++++ Source data
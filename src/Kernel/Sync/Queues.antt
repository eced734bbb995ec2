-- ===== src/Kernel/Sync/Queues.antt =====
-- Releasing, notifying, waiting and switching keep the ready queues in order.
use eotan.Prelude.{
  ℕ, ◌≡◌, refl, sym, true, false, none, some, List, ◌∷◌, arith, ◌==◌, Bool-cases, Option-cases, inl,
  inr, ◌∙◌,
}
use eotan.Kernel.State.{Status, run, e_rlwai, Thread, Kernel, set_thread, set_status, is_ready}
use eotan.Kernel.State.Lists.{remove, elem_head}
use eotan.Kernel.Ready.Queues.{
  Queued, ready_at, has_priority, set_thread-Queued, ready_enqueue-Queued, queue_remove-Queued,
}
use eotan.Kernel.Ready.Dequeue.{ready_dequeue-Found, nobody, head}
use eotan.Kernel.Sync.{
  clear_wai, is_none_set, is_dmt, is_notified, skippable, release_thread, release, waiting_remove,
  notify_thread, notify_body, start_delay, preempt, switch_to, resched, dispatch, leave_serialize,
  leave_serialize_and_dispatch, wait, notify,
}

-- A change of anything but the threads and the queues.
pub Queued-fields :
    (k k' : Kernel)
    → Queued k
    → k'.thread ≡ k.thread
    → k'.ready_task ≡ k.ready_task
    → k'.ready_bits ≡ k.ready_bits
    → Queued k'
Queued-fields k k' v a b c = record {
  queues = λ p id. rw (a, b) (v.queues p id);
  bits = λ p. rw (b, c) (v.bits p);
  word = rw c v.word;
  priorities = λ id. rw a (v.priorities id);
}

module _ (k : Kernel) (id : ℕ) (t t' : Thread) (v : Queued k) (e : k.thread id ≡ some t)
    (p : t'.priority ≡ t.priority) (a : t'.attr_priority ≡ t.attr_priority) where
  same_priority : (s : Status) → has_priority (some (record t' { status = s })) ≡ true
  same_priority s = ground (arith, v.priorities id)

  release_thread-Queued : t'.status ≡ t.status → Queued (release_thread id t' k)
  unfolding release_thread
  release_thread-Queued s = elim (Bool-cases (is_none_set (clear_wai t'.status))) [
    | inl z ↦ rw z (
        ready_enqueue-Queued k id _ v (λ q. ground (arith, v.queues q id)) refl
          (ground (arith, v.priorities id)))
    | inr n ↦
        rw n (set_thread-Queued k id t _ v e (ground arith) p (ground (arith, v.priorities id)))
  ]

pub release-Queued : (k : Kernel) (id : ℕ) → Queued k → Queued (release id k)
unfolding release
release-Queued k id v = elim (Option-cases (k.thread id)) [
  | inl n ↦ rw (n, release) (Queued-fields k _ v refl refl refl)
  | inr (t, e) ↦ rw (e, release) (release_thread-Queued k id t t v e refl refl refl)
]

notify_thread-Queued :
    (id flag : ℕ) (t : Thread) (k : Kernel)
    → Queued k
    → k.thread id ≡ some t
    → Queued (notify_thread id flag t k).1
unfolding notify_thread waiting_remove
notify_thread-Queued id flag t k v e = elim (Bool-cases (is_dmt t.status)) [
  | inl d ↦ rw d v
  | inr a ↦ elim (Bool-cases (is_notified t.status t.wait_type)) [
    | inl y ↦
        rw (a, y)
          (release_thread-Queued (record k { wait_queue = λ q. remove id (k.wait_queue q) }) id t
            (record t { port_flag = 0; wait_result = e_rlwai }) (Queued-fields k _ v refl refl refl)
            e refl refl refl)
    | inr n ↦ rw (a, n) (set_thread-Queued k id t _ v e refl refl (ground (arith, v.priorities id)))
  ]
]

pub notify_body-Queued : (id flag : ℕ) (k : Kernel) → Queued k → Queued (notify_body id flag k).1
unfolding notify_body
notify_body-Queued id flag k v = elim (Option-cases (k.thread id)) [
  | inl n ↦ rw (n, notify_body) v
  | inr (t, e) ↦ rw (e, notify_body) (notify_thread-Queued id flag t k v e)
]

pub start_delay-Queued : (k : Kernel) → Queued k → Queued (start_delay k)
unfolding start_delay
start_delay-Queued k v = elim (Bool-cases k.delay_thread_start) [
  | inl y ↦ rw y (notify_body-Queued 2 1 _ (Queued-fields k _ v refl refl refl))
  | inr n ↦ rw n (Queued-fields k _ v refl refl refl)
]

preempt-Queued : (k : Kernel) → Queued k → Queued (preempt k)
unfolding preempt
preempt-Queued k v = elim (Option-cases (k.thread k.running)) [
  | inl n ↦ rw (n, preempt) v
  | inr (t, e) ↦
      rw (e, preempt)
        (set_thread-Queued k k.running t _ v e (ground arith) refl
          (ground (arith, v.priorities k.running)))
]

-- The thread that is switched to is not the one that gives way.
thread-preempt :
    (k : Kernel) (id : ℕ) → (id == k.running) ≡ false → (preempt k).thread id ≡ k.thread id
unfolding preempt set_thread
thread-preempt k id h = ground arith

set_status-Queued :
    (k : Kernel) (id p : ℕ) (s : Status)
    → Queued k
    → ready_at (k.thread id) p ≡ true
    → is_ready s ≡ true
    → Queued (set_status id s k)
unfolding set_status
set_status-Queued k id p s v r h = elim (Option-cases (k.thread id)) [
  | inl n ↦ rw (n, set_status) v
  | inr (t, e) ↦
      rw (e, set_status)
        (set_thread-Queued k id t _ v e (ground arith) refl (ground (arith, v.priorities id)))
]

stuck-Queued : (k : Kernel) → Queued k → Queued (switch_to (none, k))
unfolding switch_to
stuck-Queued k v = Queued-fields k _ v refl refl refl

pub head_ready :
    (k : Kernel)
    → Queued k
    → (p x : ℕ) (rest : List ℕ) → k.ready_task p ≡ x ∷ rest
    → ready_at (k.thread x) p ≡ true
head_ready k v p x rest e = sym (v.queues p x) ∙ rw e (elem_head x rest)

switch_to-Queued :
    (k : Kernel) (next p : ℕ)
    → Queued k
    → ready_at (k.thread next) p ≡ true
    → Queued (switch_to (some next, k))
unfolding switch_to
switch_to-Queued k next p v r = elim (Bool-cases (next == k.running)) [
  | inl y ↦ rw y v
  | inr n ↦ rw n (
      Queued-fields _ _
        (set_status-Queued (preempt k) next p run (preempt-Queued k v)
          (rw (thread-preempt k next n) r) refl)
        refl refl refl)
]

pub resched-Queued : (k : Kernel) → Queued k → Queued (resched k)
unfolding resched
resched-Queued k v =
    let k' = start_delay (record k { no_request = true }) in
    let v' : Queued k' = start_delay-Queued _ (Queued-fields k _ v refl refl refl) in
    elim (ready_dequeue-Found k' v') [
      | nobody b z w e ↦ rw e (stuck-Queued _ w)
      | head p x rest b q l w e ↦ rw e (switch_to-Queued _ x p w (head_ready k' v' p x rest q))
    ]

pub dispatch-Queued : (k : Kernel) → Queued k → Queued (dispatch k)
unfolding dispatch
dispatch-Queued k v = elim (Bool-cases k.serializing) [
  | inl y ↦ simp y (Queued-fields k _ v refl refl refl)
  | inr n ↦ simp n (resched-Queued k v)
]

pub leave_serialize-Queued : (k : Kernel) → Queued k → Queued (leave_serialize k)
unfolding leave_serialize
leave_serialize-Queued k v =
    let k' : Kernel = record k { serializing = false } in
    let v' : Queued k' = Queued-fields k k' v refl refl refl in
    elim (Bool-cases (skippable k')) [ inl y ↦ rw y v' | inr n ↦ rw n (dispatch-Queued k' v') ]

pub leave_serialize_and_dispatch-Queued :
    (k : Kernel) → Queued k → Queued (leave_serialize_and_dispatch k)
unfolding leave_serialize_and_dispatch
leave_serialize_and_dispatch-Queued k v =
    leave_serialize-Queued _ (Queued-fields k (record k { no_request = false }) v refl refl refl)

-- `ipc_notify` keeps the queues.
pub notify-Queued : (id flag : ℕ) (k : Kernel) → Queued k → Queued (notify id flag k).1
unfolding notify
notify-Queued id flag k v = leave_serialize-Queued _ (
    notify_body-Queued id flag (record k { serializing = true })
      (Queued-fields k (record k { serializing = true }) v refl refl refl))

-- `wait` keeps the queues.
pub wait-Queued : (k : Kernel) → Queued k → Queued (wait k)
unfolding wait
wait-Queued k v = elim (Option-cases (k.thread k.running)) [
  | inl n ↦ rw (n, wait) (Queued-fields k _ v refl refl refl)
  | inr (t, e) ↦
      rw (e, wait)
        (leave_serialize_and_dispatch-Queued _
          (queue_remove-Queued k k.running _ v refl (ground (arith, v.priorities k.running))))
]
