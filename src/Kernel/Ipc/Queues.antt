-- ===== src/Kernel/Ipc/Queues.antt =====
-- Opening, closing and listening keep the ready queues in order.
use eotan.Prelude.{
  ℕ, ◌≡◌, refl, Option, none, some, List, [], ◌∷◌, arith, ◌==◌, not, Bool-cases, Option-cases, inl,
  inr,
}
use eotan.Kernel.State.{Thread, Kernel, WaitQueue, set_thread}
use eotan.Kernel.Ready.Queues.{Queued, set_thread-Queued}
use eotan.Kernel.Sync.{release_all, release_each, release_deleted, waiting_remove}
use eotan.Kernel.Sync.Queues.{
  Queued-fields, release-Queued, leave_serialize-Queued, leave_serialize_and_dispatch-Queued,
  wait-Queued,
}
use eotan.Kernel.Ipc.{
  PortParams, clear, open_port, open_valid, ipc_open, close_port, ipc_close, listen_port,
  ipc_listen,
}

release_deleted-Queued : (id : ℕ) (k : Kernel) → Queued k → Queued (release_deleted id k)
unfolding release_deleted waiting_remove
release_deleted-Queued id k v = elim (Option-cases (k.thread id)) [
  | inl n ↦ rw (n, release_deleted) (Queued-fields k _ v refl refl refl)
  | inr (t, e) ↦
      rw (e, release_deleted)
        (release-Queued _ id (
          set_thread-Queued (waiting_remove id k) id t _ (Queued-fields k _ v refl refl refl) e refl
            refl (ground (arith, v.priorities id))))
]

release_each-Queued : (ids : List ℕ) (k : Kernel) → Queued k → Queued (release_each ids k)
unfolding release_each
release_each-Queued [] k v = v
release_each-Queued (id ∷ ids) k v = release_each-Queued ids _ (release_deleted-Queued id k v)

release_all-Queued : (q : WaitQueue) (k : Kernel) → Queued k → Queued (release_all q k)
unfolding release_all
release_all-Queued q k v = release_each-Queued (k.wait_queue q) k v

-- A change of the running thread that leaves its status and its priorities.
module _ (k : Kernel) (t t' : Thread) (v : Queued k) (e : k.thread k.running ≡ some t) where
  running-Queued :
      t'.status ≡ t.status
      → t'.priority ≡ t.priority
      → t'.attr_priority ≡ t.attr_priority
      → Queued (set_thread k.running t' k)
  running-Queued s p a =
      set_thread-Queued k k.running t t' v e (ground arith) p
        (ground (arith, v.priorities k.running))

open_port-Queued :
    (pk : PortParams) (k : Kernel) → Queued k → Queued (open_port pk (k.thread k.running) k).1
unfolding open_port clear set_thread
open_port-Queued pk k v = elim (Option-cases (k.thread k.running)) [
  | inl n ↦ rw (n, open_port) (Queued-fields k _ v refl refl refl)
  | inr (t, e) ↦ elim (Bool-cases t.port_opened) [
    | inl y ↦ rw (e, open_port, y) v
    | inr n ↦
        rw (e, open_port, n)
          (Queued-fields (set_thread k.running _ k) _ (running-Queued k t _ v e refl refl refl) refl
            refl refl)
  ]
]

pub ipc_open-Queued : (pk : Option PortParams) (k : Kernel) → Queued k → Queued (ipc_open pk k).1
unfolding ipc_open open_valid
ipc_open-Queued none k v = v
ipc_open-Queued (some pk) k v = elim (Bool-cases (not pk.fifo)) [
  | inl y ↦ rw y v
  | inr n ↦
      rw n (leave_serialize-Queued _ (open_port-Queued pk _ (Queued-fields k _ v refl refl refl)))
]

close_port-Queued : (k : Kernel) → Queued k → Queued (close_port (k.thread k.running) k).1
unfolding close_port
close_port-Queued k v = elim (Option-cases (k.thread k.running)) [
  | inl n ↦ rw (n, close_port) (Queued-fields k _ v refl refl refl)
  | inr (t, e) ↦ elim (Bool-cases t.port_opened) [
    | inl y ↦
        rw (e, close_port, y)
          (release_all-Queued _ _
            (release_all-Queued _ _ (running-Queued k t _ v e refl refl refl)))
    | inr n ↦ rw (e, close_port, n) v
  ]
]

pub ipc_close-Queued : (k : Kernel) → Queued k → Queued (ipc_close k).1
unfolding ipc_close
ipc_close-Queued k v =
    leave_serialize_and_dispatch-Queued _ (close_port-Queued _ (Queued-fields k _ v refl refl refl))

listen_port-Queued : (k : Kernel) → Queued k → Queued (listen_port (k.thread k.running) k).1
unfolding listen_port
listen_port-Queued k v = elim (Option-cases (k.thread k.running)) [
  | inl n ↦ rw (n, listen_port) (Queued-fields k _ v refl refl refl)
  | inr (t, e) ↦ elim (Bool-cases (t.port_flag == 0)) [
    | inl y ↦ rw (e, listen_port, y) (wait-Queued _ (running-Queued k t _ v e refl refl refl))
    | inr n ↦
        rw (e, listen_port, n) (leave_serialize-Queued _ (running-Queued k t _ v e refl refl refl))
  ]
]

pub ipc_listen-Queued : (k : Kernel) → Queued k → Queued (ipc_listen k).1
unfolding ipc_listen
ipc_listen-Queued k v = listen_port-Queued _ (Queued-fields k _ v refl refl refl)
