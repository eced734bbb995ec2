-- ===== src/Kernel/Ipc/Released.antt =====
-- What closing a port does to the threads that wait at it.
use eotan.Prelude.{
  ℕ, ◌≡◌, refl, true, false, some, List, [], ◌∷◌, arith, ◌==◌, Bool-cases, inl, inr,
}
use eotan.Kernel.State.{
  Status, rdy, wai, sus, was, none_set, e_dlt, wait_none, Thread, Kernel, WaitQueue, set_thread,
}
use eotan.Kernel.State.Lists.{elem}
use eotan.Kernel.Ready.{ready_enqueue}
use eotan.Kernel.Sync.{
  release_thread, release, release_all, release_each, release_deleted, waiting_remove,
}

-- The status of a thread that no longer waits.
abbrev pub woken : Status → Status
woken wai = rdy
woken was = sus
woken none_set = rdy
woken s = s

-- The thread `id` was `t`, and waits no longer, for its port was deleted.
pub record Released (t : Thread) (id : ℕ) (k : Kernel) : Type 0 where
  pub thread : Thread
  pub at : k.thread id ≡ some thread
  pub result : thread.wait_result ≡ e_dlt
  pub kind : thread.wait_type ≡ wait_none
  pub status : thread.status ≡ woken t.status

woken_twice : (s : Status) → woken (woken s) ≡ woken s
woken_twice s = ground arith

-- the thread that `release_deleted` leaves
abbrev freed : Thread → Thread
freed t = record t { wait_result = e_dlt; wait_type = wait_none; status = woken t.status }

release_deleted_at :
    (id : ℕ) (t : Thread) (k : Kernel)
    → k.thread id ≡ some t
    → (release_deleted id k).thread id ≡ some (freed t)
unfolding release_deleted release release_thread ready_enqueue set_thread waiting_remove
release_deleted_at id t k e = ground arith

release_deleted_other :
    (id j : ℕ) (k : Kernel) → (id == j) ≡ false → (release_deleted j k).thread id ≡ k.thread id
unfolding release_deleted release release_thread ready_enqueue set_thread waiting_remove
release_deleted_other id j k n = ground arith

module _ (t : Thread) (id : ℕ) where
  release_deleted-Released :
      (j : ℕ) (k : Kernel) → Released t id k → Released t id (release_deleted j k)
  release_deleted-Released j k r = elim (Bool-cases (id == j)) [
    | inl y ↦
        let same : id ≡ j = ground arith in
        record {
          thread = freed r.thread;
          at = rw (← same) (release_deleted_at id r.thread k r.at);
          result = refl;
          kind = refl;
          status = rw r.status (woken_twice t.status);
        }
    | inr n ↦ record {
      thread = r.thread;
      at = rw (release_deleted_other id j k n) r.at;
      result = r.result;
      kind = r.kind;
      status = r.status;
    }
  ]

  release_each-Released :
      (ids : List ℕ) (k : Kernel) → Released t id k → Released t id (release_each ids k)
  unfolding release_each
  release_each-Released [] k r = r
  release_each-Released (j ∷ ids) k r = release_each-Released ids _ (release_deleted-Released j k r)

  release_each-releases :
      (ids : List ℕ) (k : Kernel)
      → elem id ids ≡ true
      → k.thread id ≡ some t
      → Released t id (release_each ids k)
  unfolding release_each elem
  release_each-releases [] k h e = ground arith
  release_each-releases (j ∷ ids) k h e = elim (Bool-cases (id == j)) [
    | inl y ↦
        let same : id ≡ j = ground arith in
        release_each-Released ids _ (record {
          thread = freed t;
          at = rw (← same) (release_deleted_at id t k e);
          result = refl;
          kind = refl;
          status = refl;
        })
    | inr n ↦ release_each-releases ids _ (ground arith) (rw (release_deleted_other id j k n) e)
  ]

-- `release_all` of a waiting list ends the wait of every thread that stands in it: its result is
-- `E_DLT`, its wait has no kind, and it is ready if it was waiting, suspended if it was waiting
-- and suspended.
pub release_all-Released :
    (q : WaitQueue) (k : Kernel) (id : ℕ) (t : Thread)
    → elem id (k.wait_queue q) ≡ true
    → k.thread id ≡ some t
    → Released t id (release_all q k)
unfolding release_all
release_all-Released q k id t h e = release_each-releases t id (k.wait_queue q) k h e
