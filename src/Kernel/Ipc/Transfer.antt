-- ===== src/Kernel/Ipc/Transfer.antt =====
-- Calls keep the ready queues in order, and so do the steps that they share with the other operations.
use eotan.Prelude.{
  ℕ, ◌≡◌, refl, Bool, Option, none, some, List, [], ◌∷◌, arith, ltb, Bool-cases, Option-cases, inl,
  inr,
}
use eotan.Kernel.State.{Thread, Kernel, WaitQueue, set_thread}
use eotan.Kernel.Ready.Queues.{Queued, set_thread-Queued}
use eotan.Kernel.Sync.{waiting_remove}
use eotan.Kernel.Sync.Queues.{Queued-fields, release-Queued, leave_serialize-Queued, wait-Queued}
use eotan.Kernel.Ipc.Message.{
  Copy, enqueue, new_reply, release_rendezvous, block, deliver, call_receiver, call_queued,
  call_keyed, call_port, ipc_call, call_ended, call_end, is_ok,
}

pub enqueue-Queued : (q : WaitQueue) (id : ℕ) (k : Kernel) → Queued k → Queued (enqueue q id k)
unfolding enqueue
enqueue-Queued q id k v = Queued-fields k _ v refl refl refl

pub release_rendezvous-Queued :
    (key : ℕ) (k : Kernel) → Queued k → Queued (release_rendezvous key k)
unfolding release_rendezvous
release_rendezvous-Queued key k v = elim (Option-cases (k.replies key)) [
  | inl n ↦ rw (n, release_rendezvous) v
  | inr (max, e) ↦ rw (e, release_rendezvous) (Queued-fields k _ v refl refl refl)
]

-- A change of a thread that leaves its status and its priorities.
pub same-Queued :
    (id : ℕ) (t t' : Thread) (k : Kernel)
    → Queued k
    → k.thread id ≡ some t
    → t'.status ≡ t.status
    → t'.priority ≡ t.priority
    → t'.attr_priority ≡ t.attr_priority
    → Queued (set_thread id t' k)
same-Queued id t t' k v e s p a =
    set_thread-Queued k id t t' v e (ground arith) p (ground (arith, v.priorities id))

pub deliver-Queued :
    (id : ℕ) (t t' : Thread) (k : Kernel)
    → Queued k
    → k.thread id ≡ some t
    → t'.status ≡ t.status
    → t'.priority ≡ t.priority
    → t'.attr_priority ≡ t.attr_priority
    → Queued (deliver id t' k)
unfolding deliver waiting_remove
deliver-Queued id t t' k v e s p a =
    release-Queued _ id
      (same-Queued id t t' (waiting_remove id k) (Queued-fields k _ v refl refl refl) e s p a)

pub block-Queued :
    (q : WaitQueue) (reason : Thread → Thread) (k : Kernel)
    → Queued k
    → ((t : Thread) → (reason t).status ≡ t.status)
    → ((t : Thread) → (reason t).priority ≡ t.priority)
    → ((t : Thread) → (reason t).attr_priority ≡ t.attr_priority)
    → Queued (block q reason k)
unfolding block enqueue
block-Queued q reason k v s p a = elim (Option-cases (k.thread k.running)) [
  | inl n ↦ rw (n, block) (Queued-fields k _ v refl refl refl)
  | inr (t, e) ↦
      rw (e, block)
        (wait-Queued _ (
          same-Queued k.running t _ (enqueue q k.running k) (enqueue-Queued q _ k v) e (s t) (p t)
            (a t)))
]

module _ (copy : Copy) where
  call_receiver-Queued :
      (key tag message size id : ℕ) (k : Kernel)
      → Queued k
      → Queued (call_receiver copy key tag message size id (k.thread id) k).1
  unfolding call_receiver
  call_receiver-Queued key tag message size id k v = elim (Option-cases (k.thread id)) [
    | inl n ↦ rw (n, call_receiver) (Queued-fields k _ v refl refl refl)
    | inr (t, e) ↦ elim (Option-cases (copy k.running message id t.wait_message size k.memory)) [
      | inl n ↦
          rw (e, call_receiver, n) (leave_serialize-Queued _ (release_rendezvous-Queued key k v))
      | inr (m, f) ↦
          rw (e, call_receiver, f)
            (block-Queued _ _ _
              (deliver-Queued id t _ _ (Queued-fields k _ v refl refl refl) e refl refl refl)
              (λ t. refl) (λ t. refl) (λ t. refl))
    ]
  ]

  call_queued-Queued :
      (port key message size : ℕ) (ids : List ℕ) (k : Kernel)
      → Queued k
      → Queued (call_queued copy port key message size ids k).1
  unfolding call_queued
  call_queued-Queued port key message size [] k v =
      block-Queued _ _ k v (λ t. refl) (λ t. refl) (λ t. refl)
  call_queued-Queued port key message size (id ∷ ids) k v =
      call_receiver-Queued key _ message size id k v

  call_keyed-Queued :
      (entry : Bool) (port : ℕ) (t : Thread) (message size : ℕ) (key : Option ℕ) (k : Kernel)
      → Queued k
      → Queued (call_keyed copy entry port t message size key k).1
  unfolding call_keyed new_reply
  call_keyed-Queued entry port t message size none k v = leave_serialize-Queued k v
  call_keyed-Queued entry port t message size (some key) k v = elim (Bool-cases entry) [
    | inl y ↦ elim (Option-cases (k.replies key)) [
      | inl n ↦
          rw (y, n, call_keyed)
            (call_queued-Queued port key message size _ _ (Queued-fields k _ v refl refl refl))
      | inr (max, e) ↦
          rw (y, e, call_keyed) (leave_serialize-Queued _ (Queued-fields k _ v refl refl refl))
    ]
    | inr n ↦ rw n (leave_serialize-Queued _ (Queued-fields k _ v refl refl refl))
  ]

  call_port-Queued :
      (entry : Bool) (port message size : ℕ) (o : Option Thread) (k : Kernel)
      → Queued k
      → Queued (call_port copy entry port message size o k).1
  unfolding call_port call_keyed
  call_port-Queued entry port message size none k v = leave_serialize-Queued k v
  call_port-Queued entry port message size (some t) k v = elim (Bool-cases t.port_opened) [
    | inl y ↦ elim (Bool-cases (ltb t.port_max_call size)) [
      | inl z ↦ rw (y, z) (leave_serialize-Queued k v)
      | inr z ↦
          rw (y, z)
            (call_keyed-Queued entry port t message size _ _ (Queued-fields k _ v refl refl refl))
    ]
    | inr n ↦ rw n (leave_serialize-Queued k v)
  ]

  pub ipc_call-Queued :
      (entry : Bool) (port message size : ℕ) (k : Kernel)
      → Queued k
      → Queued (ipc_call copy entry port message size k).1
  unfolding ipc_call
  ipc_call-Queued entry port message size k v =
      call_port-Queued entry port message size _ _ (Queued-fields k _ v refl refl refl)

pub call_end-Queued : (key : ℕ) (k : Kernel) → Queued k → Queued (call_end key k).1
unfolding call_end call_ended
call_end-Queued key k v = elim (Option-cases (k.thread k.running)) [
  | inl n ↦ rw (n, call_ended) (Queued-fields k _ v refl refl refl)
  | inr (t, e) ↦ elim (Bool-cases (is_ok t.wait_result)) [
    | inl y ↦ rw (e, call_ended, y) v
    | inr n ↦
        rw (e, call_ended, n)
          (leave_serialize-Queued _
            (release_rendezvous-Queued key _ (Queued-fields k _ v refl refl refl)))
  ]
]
++++++++
» **Task item**: Please copy the lines in the records above between the one holding "(pk : PortParams)" and the one holding "unfolding ipc_open open_valid", inclusive, exactly and with no other line.

» **Solved problem**:
    (pk : PortParams) (k : Kernel) → Queued k → Queued (open_port pk (k.thread k.running) k).1
unfolding open_port clear set_thread
open_port-Queued pk k v = elim (Option-cases (k.thread k.running)) [
  | inl n ↦ rw (n, open_port) (Queued-fields k _ v refl refl refl)
  | inr (t, e) ↦ elim (Bool-cases t.port_opened) [
    | inl y ↦ rw (e, open_port, y) v
    | inr n ↦
        rw (e, open_port, n)
          (Queued-fields (set_thread k.running _ k) _ (running-Queued k t _ v e refl refl refl) refl
            refl refl)
  ]
]

pub ipc_open-Queued : (pk : Option PortParams) (k : Kernel) → Queued k → Queued (ipc_open pk k).1
unfolding ipc_open open_valid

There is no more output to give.